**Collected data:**

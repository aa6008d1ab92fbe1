-- ===== src/Engine/Boundary/Submits.antt =====
-- The boundary of a send: what must not be sent twice leaves the engine only when its checkpoint says
-- that it was sent.
use mathlib.Core.Path.{subst}
use zhir.Prelude.{
  ◌≡◌, refl, sym, ap, ◌∙◌, inl, inr, ◌⊎◌, arith, String, Bool, true, false, Bool-cases, not, ◌&&◌,
  ◌||◌, Option, none, some, List, ◌∷◌, find, if◌then◌else◌,
}
use zhir.Error.{ok, Every, Every-map, ok-injective}
use zhir.Model.{local_projection}
use zhir.Run.{Checkpoint, PendingCommand}
use zhir.Engine.State.{Engine, SessionCommand, submit}
use zhir.Engine.Action.{RunStore, Environment, Action, ◌>>=◌, done, gets, lift, adjust, check}
use zhir.Engine.Session.{declares}
use zhir.Engine.Commands.{
  can_send, command_body, commit_boundary, dispatch_command, dispatch_commands, dispatch_first,
  dispatch_session, following_if, is_generate, is_unsent,
}
use zhir.Engine.Replay.{bind-ok, continue-ok}
use zhir.Engine.Boundary.{
  asks, IsCommitted, is_marked, command_body-asks, find-marked, mark_sent-marked, check-Leaves,
  following-asks, commit_boundary-marked,
}

module _ {V S : Type 0} ⦃store : RunStore V S⦄ ⦃environment : Environment V⦄ where
  boundary-marked :
      (p : PendingCommand V → Bool) (command : PendingCommand V) (durable : Bool)
      (e e' : Engine V S)
      → find p e.current.active.commands ≡ some command
      → (if durable && not command.sent then commit_boundary command.id else done) e ≡ (ok tt, e')
      → (durable ≡ true → is_marked command.id e'.current.active.commands ≡ true)
        × (e'.volatile ≡ e.volatile)
  unfolding ◌>>=◌
  boundary-marked p command false e e' found h =
      ((λ b. absurd (ground (arith, b))), ap (λ t. t.1.volatile) (sym h))
  boundary-marked p command true e e' found h =
      let branch : Bool → Action V S (Unit {0}) =
        λ b. if not b then commit_boundary command.id else done in
      elim (Bool-cases command.sent) [
        | inl sent ↦
            let same_engine = subst (λ b. branch b e ≡ (ok tt, e')) sent h in
            (
              (λ _.
                  ap (λ t. is_marked command.id t.1.current.active.commands) (sym same_engine)
                  ∙ find-marked p e.current.active.commands command found sent),
              ap (λ t. t.1.volatile) (sym same_engine),
            )
        | inr unsent ↦
            let (marked, kept) =
              commit_boundary-marked command.id e e'
                (subst (λ b. branch b e ≡ (ok tt, e')) unsent h) in
            (
              (λ _.
                  ap (is_marked command.id) marked
                  ∙ mark_sent-marked p e.current.active.commands command found),
              kept,
            )
      ]

  -- What must not be sent twice: a request to generate, and any command of a session that is not a
  -- projection.
  abbrev pub MustCommit : Engine V S → SessionCommand V → Type 0
  MustCommit e command = (asks command.body || not (declares e local_projection)) ≡ true

  -- A batch was submitted, and of its commands those that must not be sent twice are marked as sent in
  -- the checkpoint.
  abbrev pub Submits : Engine V S → Engine V S → Type 0
  Submits e e' =
      (batch : List (SessionCommand V)) × (e'.volatile.tasks ≡ submit batch ∷ e.volatile.tasks)
      × Every (λ c. MustCommit e c → IsCommitted e'.current c) batch

  followers-IsCommitted :
      (durable local : Bool) (e : Engine V S) (id : String) (batch : List (SessionCommand V))
      (c : Checkpoint V)
      → following_if durable e id ≡ ok batch
      → (durable ≡ false → not local ≡ false)
      → Every (λ x. (asks x.body || not local) ≡ true → IsCommitted c x) batch
  followers-IsCommitted true local e id batch c h rebuilt =
      subst (λ b. Every (λ x. (asks x.body || not local) ≡ true → IsCommitted c x) b)
        (ok-injective h) tt
  followers-IsCommitted false local e id batch c h rebuilt =
      Every-map (λ x. asks x.body ≡ false) _
        (λ x plain must. absurd (ground (arith, plain, must, rebuilt refl))) batch
        (following-asks e _ batch h)

  dispatch_command-IsCommitted :
      (p : PendingCommand V → Bool) (command : PendingCommand V) (durable : Bool)
      (e e' : Engine V S)
      → find p e.current.active.commands ≡ some command
      → durable ≡ (is_generate command.intent || not (declares e local_projection))
      → dispatch_command command durable e ≡ (ok tt, e')
      → Submits e e'
  unfolding dispatch_command gets lift adjust ◌>>=◌
  dispatch_command-IsCommitted p command durable e e' found is h =
      let (body, made, h1) = continue-ok (command_body e.current command.intent) _ e e' tt h in
      let (_, e1, bounded, h2) =
        bind-ok (if durable && not command.sent then commit_boundary command.id else done) _ e e' tt
          h1 in
      let (_, e2, checked, h3) = bind-ok check _ e1 e' tt h2 in
      let (rest, followed, h4) = continue-ok (following_if durable e2 command.id) _ e2 e' tt h3 in
      let (marked, kept) = boundary-marked p command durable e e1 found bounded in
      let (same_current, same_volatile) = check-Leaves e1 e2 checked in
      let current : e'.current ≡ e1.current = ap (λ t. t.1.current) (sym h4) ∙ same_current in
      let first : MustCommit e (record { id = command.id; body = body })
          → IsCommitted e'.current (record { id = command.id; body = body }) =
        λ must.
          ap (λ c. is_marked command.id c.active.commands) current
          ∙ marked (
              is
              ∙ ap (λ b. b || not (declares e local_projection))
                  (sym (command_body-asks e.current command.intent body made))
              ∙ must) in
      (
        record { id = command.id; body = body } ∷ rest,
        ap (λ t. t.1.volatile.tasks) (sym h4)
            ∙ ap (λ v. submit (record { id = command.id; body = body } ∷ rest) ∷ v.tasks)
                (same_volatile ∙ kept),
        (
          first,
          followers-IsCommitted durable (declares e local_projection) e2 command.id rest e'.current
              followed (λ b. ground (arith, is, b)),
        ),
      )

  found-IsCommitted :
      (p : PendingCommand V → Bool) (o : Option (PendingCommand V)) (e e' : Engine V S)
      → find p e.current.active.commands ≡ o
      → dispatch_first e o e ≡ (ok tt, e')
      → (e' ≡ e) ⊎ Submits e e'
  unfolding ◌>>=◌
  found-IsCommitted p none e e' found h = inl (ap (λ t. t.1) (sym h))
  found-IsCommitted p (some command) e e' found h =
      let durable = is_generate command.intent || not (declares e local_projection) in
      let branch : Bool → Action V S (Unit {0}) =
        λ b. if b then dispatch_command command durable else done in
      elim (Bool-cases (can_send e command)) [
        | inl can ↦ inr (
            dispatch_command-IsCommitted p command durable e e' found refl
              (subst (λ b. branch b e ≡ (ok tt, e')) can h))
        | inr cannot ↦ inl (ap (λ t. t.1) (sym (subst (λ b. branch b e ≡ (ok tt, e')) cannot h)))
      ]

  session-IsCommitted :
      (control : Option _) (e e' : Engine V S)
      → dispatch_session e control e ≡ (ok tt, e')
      → (e' ≡ e) ⊎ Submits e e'
  unfolding ◌>>=◌
  session-IsCommitted none e e' h = inl (ap (λ t. t.1) (sym h))
  session-IsCommitted (some _) e e' h =
      let unsent = is_unsent e.volatile.sent in
      let branch : Bool → Action V S (Unit {0}) =
        λ b. if b then done else dispatch_first e (find unsent e.current.active.commands) in
      elim (Bool-cases (e.volatile.sending || not e.current.active.session.ready)) [
        | inl busy ↦ inl (ap (λ t. t.1) (sym (subst (λ b. branch b e ≡ (ok tt, e')) busy h)))
        | inr free ↦
            found-IsCommitted unsent (find unsent e.current.active.commands) e e' refl
              (subst (λ b. branch b e ≡ (ok tt, e')) free h)
      ]

  -- If dispatch_commands returns without an error, the engine is as it was, or one batch was
  -- submitted, and of its commands each request to generate, and each command at all if the
  -- session is not a local projection, is marked as sent in the current checkpoint.
  pub dispatch_commands-Submits :
      (e e' : Engine V S) → dispatch_commands e ≡ (ok tt, e') → (e' ≡ e) ⊎ Submits e e'
  unfolding dispatch_commands gets ◌>>=◌
  dispatch_commands-Submits e e' h = session-IsCommitted e.volatile.session_control e e' h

**WHAT THIS TASK INVOLVES:**
Copy out the lines above that hold the string "ground".

**RESULT FOR THIS EXERCISE:**
      ((λ b. absurd (ground (arith, b))), ap (λ t. t.1.volatile) (sym h))
        (λ x plain must. absurd (ground (arith, plain, must, rebuilt refl))) batch
              followed (λ b. ground (arith, is, b)),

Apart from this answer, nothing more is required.